*Stored records*:
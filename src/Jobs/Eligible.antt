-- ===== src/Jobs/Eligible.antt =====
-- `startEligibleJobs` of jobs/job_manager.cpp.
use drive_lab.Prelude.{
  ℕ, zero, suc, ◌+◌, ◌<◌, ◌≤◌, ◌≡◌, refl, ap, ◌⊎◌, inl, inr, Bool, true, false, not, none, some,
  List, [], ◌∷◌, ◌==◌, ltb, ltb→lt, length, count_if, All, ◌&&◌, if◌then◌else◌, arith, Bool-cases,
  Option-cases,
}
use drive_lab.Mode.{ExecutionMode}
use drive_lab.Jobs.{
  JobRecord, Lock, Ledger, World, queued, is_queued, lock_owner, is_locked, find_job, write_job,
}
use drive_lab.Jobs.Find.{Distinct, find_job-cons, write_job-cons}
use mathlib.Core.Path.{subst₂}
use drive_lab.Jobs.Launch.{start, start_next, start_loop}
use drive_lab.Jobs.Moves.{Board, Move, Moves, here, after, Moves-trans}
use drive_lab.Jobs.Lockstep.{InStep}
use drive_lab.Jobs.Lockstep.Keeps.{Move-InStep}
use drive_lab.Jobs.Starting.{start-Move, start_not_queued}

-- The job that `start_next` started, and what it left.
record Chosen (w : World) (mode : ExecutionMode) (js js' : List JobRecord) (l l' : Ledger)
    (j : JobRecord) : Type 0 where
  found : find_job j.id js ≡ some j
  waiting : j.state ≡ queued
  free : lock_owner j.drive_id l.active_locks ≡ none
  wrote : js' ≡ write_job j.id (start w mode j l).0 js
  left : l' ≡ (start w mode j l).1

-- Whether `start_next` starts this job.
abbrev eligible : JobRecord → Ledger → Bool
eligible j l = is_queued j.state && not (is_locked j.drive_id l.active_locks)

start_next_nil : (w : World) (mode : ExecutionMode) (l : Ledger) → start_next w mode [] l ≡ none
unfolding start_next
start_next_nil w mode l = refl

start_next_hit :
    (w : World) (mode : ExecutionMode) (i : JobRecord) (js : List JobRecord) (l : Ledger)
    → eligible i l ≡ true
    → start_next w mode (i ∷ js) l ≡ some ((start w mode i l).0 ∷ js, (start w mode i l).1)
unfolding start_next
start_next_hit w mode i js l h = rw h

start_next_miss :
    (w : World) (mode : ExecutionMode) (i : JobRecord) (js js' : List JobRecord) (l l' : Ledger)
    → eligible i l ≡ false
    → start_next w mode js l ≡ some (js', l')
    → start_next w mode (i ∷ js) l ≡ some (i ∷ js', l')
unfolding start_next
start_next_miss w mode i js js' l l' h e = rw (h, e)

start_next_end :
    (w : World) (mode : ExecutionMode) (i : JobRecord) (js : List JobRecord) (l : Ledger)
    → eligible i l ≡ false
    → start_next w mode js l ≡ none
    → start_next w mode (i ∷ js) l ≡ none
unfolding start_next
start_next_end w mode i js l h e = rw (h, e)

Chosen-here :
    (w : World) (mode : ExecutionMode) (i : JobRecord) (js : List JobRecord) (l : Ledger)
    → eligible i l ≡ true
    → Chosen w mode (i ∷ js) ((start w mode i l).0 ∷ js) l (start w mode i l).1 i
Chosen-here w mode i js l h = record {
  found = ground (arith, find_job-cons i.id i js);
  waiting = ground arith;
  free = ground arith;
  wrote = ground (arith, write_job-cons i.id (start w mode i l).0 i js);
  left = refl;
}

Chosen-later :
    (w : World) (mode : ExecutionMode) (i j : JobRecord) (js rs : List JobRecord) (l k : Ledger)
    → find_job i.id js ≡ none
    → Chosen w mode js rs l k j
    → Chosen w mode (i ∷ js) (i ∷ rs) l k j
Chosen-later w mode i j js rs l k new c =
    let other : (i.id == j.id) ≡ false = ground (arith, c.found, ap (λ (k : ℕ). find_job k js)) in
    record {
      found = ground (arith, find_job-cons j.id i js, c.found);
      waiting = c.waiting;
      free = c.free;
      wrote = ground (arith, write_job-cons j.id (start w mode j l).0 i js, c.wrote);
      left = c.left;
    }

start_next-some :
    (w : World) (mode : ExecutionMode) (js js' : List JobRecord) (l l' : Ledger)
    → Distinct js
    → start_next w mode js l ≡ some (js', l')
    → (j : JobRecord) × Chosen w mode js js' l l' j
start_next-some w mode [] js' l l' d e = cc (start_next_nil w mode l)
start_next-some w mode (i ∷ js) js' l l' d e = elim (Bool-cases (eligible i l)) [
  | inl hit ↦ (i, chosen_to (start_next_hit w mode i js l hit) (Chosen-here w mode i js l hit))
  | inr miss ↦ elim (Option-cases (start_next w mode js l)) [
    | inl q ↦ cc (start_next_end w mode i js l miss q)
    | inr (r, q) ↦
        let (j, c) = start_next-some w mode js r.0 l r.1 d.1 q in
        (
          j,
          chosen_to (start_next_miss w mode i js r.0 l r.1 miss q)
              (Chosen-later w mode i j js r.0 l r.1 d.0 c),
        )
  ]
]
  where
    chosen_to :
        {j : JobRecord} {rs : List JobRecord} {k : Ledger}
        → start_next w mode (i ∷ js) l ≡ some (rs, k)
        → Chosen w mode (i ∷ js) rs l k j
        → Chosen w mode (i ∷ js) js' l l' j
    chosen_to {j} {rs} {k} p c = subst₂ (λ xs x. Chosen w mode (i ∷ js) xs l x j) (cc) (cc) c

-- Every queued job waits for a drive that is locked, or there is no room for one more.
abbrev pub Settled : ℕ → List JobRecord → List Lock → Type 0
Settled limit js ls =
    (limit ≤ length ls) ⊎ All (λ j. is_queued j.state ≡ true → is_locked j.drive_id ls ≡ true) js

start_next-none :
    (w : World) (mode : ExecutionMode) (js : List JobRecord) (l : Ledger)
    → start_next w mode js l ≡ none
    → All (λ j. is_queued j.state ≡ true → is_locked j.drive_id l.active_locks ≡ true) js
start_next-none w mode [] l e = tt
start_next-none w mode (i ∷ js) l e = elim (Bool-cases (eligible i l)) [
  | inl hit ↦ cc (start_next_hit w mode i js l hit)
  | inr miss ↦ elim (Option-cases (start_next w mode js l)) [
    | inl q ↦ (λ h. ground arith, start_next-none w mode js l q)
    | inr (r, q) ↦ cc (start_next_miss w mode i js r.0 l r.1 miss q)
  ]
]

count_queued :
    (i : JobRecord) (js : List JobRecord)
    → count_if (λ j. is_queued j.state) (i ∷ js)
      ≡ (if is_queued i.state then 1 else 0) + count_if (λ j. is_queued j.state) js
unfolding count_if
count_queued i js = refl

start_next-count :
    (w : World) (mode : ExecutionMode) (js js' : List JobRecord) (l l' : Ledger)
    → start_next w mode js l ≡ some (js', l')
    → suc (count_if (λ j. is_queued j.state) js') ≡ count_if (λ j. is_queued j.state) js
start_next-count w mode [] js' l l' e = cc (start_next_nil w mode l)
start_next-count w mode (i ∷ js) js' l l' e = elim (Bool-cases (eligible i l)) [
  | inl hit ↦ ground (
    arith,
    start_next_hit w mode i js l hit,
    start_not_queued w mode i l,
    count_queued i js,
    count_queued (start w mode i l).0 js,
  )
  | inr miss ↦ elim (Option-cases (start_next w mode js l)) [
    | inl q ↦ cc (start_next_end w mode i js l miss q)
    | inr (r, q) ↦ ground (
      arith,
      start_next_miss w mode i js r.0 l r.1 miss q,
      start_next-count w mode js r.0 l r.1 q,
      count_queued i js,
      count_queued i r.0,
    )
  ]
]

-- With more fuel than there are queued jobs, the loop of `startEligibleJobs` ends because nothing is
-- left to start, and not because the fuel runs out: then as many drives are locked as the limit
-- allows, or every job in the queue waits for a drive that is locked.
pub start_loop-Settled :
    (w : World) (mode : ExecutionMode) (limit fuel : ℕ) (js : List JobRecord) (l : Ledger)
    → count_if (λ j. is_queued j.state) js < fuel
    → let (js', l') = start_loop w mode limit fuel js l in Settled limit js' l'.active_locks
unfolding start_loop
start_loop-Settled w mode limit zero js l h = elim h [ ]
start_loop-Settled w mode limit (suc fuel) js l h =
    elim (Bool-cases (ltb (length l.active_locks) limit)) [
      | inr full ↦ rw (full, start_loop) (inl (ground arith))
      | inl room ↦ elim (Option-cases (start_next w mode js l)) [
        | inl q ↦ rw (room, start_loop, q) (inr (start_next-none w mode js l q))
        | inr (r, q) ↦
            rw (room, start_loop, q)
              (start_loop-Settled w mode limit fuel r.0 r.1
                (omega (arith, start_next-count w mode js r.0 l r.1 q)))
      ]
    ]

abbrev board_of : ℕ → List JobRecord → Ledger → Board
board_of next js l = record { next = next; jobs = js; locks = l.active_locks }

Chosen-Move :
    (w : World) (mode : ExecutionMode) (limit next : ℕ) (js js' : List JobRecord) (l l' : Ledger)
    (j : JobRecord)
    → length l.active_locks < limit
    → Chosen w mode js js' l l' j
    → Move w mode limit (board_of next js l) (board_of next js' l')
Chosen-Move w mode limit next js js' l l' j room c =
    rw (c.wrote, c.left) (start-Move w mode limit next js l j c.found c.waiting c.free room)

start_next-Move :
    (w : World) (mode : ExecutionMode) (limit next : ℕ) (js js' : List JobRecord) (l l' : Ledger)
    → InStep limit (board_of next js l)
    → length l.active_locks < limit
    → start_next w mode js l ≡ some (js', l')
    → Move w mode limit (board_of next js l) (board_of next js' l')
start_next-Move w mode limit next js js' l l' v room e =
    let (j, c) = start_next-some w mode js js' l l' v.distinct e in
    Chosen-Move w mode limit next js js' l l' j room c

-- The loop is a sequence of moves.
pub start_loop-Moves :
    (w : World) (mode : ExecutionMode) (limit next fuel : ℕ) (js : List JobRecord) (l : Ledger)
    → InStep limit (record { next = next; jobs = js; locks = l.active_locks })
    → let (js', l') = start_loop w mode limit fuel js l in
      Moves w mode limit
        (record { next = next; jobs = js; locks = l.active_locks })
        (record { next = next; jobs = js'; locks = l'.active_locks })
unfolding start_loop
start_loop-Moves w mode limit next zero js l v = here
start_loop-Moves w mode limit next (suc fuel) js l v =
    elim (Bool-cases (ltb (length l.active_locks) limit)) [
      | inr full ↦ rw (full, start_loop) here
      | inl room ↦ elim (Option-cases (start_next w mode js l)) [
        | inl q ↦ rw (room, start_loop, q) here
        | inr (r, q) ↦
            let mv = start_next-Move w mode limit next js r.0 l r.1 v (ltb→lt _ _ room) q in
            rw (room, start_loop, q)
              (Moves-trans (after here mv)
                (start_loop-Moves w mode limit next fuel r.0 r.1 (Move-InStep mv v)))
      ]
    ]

*Exercise*: In the records above, find each line with the word "full" and copy it out.

*Solution to the exercise*:
      | inr full ↦ rw (full, start_loop) (inl (ground arith))
      | inr full ↦ rw (full, start_loop) here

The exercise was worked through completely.